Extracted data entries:
· · · · · · ·
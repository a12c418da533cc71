-- ===== src/Ledger/Payouts/Voiding.antt =====
-- The rows of a voided payout given back one by one, in `void_reorged_payout` of
-- crates/pool-db/src/queries.rs.
use zcash_mining_pool.Prelude.{
  ℕ, ◌≡◌, ◌≢◌, refl, sym, subst, fun_ext, ◌∙◌, Bool, true, ◌&&◌, List, [], ◌∷◌, arith, ◌==◌, All, ℤ,
  ◌+ℤ◌, ◌-ℤ◌, ◌≤ℤ◌, leb_ℤ, int_laws, parts_of_eq, sum_by, ok,
}
use zcash_mining_pool.Sql.{
  update, affected, select, delete, sum_by-select-delete, sum_by-update, All-select, All-delete,
  All-update,
}
use zcash_mining_pool.Ledger.Tables.{Balance, Payout, Db}
use zcash_mining_pool.Ledger.Payouts.{paid_covers, unpay, void_row, void_rows}
use zcash_mining_pool.Ledger.Payouts.Backing.{
  IsBacked, booked, IsBacked-update, IsBacked-covers, IsBacked-keep,
}
use zcash_mining_pool.Ledger.Payouts.Sound.{
  IsSound, IsPositive, IsHoused, IsSolvent, IsBooking, owed, wealth, reserved, recorded,
  recorded_nonneg, for_miner_self, for_miner_ne, IsHoused-update, bookings-update,
}

-- `todo` is still to be given back, and `rest` stays.
pub record IsVoiding (todo rest : List Payout) (db : Db) : Type 0 where
  pub backed : IsBacked (λ b. b.paying) (reserved db.items) db.balances
  pub audited : IsBacked (λ b. b.paid) (λ m. recorded todo m +ℤ recorded rest m) db.balances
  pub positive : All IsPositive db.items
  pub housed : All (IsHoused db.balances) db.items
  pub solvent : All IsSolvent db.balances
  pub bookings : All (IsBooking db.balances) todo
  pub bookings_rest : All (IsBooking db.balances) rest

abbrev pub voided : Payout → Db → Db
voided p db = record db {
  balances = update (paid_covers p.miner_id p.amount) (unpay p.amount) db.balances;
}

module _ (p : Payout) (todo rest : List Payout) (db : Db) (h : IsVoiding (p ∷ todo) rest db) where
  abbrev m : ℕ
  m = p.miner_id

  abbrev guard_ : Balance → Bool
  guard_ = paid_covers m p.amount

  owe_at :
      recorded (p ∷ todo) m +ℤ recorded rest m ≡ p.amount +ℤ (recorded todo m +ℤ recorded rest m)
  unfolding sum_by
  owe_at = rw (for_miner_self m p.amount) (omega int_laws)

  enough : p.amount ≤ℤ recorded (p ∷ todo) m +ℤ recorded rest m
  enough = omega (
    int_laws,
    parts_of_eq owe_at,
    recorded_nonneg m db.balances todo h.bookings.1,
    recorded_nonneg m db.balances rest h.bookings_rest,
  )

  row_covered : affected guard_ db.balances ≢ 0
  row_covered =
      IsBacked-covers (λ b. b.paid) (λ j. recorded (p ∷ todo) j +ℤ recorded rest j) m p.amount
        db.balances h.audited h.bookings.0.1 enough

  pub void_row_ok : void_row p db ≡ ok (voided p db)
  unfolding void_row
  void_row_ok = ground (arith, row_covered)

  lowers :
      (z : ℤ)
      → z ≡ recorded (p ∷ todo) m +ℤ recorded rest m
      → z -ℤ p.amount ≡ recorded todo m +ℤ recorded rest m
  lowers z e = rw (e, owe_at) (omega int_laws)

  others_kept :
      (j : ℕ)
      → j ≢ m
      → recorded todo j +ℤ recorded rest j ≡ recorded (p ∷ todo) j +ℤ recorded rest j
  unfolding sum_by
  others_kept j ne = rw (for_miner_ne j m p.amount ne) (omega int_laws)

  unpay-IsSolvent : (b : Balance) → IsSolvent b → guard_ b ≡ true → IsSolvent (unpay p.amount b)
  unpay-IsSolvent b s e =
      let covered : ((b.miner_id == m) && leb_ℤ p.amount b.paid) ≡ true = e in
      let covers : p.amount ≤ℤ b.paid = ground arith in
      (omega (int_laws, h.bookings.0.0), omega int_laws)

  pub voided-IsVoiding : IsVoiding todo rest (voided p db)
  voided-IsVoiding = record {
    backed =
        IsBacked-keep (λ b. b.paying) _ guard_ (unpay p.amount) (λ b. refl) (λ b. refl) db.balances
          h.backed;
    audited =
        IsBacked-update (λ b. b.paid) m others_kept guard_ (unpay p.amount)
          (λ b e. let e' : ((b.miner_id == m) && leb_ℤ p.amount b.paid) ≡ true = e in ground arith)
          (λ b. refl) (λ b _ e. lowers b.paid e) db.balances row_covered h.audited;
    positive = h.positive;
    housed = IsHoused-update guard_ (unpay p.amount) (λ b. refl) db.balances db.items h.housed;
    solvent = All-update IsSolvent guard_ (unpay p.amount) db.balances unpay-IsSolvent h.solvent;
    bookings = bookings-update guard_ (unpay p.amount) (λ b. refl) db.balances todo h.bookings.1;
    bookings_rest =
        bookings-update guard_ (unpay p.amount) (λ b. refl) db.balances rest h.bookings_rest;
  }

  pub voided-owed : owed (voided p db) ≡ owed db
  unfolding owed
  voided-owed = sum_by-update wealth guard_ (unpay p.amount) db.balances (λ b _. omega int_laws)

-- The loop goes through, and only the balances change.
pub record Voids (todo rest : List Payout) (db db' : Db) : Type 0 where
  pub runs : void_rows todo db ≡ ok db'
  pub voids : IsVoiding [] rest db'
  pub keeps : owed db' ≡ owed db
  pub only : db' ≡ record db { balances = db'.balances }

pub void_rows-Voids :
    (todo rest : List Payout) (db : Db)
    → IsVoiding todo rest db
    → (db' : Db) × Voids todo rest db db'
unfolding void_rows
void_rows-Voids [] rest db h = (db, record { runs = refl; voids = h; keeps = refl; only = refl })
void_rows-Voids (p ∷ todo) rest db h =
    let (db', r) = void_rows-Voids todo rest (voided p db) (voided-IsVoiding p todo rest db h) in
    (
      db',
      record {
        runs = rw (void_row_ok p todo rest db h) r.runs;
        voids = r.voids;
        keeps = r.keeps ∙ voided-owed p todo rest db h;
        only = r.only;
      },
    )

pub start-IsVoiding :
    (p : Payout → Bool) (db : Db)
    → IsSound db
    → IsVoiding (select p db.payouts) (delete p db.payouts) db
start-IsVoiding p db h = record {
  backed = h.backed;
  audited =
      subst (λ owe. IsBacked (λ b. b.paid) owe db.balances)
        (sym (fun_ext (λ m. sum_by-select-delete (booked m) p db.payouts))) h.audited;
  positive = h.positive;
  housed = h.housed;
  solvent = h.solvent;
  bookings = All-select (IsBooking db.balances) p db.payouts h.bookings;
  bookings_rest = All-delete (IsBooking db.balances) p db.payouts h.bookings;
}

nothing_to_do : (rest : List Payout) (m : ℕ) → recorded [] m +ℤ recorded rest m ≡ recorded rest m
unfolding sum_by
nothing_to_do rest m = omega int_laws

-- With all given back, deleting the rows gives a sound database again.
pub finish-IsSound :
    (rest : List Payout) (db : Db) → IsVoiding [] rest db → IsSound (record db { payouts = rest })
finish-IsSound rest db h = record {
  backed = h.backed;
  audited =
      subst (λ owe. IsBacked (λ b. b.paid) owe db.balances) (fun_ext (nothing_to_do rest))
        h.audited;
  positive = h.positive;
  housed = h.housed;
  solvent = h.solvent;
  bookings = h.bookings_rest;
}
· · · · · · ·
Where a line of the data contains "abbrev", copy that line.

_Task response_.
abbrev pub voided : Payout → Db → Db
  abbrev m : ℕ
  abbrev guard_ : Balance → Bool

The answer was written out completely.